▸ **Problem requirements**
Where a line of the data below has the string "time", copy that line.

(Dataset entries)

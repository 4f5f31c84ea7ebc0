-- ===== src/Tester/Annotation/Tiles.antt =====
-- The continuous annotations of a tag cover the time from the first to the end, without a gap.
use pluggable_sharded_fault.Base.{
  ℕ, ◌≡◌, refl, ap, ◌∙◌, none, some, List, [], ◌∷◌, ◌++◌, String, lookup, string_eq, lookup-insert,
  lookup-delete, arith,
}
use mathlib.Core.List.{append_assoc}
use pluggable_sharded_fault.Tester.Annotation.{
  Mark, Continuous, Annotation, mark_of, annotate_continuous_color, annotate_continuous_end,
}

-- Continuous annotations of a tag, one after another, each at its start
unfoldable pub continue_all : String → List Continuous → Annotation → Annotation
continue_all tag [] an = an
continue_all tag (c ∷ cs) an =
    continue_all tag cs (annotate_continuous_color tag c.desp c.details c.bgcolor c.start an)

-- The marks of annotations that follow each other, to the end
unfoldable pub tiles : String → Continuous → List Continuous → ℕ → List Mark
tiles tag last [] end = mark_of tag end last ∷ []
tiles tag last (c ∷ cs) end = mark_of tag c.start last ∷ tiles tag c cs end

-- Marks of a tag that follow each other from a start to an end
abbrev pub IsChain : String → ℕ → List Mark → ℕ → Type 0
IsChain tag start [] end = start ≡ end
IsChain tag start (m ∷ marks) end = (m.tag ≡ tag) × (m.start ≡ start) × IsChain tag m.stop marks end

tiles-IsChain :
    (tag : String) (last : Continuous) (cs : List Continuous) (end : ℕ)
    → IsChain tag last.start (tiles tag last cs end) end
unfolding tiles mark_of
tiles-IsChain tag last [] end = (refl, refl, refl)
tiles-IsChain tag last (c ∷ cs) end = (refl, refl, tiles-IsChain tag c cs end)

module _ (tag : String) where
  continued :
      (last c : Continuous) (an : Annotation)
      → lookup tag an.continuous ≡ some last
      → ((annotate_continuous_color tag c.desp c.details c.bgcolor c.start an).annotations
          ≡ an.annotations ++ (mark_of tag c.start last ∷ []))
        × (lookup tag
              (annotate_continuous_color tag c.desp c.details c.bgcolor c.start an).continuous
            ≡ some c)
  unfolding annotate_continuous_color
  continued last c an open_now = (
    ground (arith, open_now),
    ground (arith, open_now, lookup-insert tag tag c an.continuous, string_eq.same_iff tag tag),
  )

  ended :
      (last : Continuous) (end : ℕ) (an : Annotation)
      → lookup tag an.continuous ≡ some last
      → ((annotate_continuous_end tag end an).annotations
          ≡ an.annotations ++ (mark_of tag end last ∷ []))
        × (lookup tag (annotate_continuous_end tag end an).continuous ≡ none)
  unfolding annotate_continuous_end
  ended last end an open_now = (
    ground (arith, open_now),
    ground (arith, lookup-delete tag tag an.continuous, string_eq.same_iff tag tag),
  )

  rest_tiles :
      (last : Continuous) (cs : List Continuous) (end : ℕ) (an : Annotation)
      → lookup tag an.continuous ≡ some last
      → ((annotate_continuous_end tag end (continue_all tag cs an)).annotations
          ≡ an.annotations ++ tiles tag last cs end)
        × (lookup tag (annotate_continuous_end tag end (continue_all tag cs an)).continuous ≡ none)
  unfolding continue_all tiles
  rest_tiles last [] end an open_now = ended last end an open_now
  rest_tiles last (c ∷ cs) end an open_now =
      let (marked, now_open) = continued last c an open_now in
      let (all, closed) =
        rest_tiles c cs end (annotate_continuous_color tag c.desp c.details c.bgcolor c.start an)
          now_open in
      (
        all
            ∙ ap (λ l. l ++ tiles tag c cs end) marked
            ∙ append_assoc an.annotations (mark_of tag c.start last ∷ []) (tiles tag c cs end),
        closed,
      )

  first_open :
      (c : Continuous) (an : Annotation)
      → lookup tag an.continuous ≡ none
      → ((annotate_continuous_color tag c.desp c.details c.bgcolor c.start an).annotations
          ≡ an.annotations)
        × (lookup tag
              (annotate_continuous_color tag c.desp c.details c.bgcolor c.start an).continuous
            ≡ some c)
  unfolding annotate_continuous_color
  first_open c an closed = (
    ground (arith, closed),
    ground (arith, closed, lookup-insert tag tag c an.continuous, string_eq.same_iff tag tag),
  )

-- When continuous annotations of a tag that was closed follow each other, and the tag is then
-- ended, the store has gained exactly one mark for each, with its text, in order: they cover the
-- time from the start of the first to the end without gap or overlap, and the tag is closed again.
pub continue_all-tiles :
    (tag : String) (c : Continuous) (cs : List Continuous) (end : ℕ) (an : Annotation)
    → lookup tag an.continuous ≡ none
    → ((annotate_continuous_end tag end (continue_all tag (c ∷ cs) an)).annotations
        ≡ an.annotations ++ tiles tag c cs end)
      × IsChain tag c.start (tiles tag c cs end) end
      × (lookup tag (annotate_continuous_end tag end (continue_all tag (c ∷ cs) an)).continuous
          ≡ none)
unfolding continue_all
continue_all-tiles tag c cs end an closed =
    let (same, now_open) = first_open tag c an closed in
    let (all, over) =
      rest_tiles tag c cs end (annotate_continuous_color tag c.desp c.details c.bgcolor c.start an)
        now_open in
    (all ∙ ap (λ l. l ++ tiles tag c cs end) same, tiles-IsChain tag c cs end, over)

▸ **Result for this task**
-- The continuous annotations of a tag cover the time from the first to the end, without a gap.
-- time from the start of the first to the end without gap or overlap, and the tag is closed again.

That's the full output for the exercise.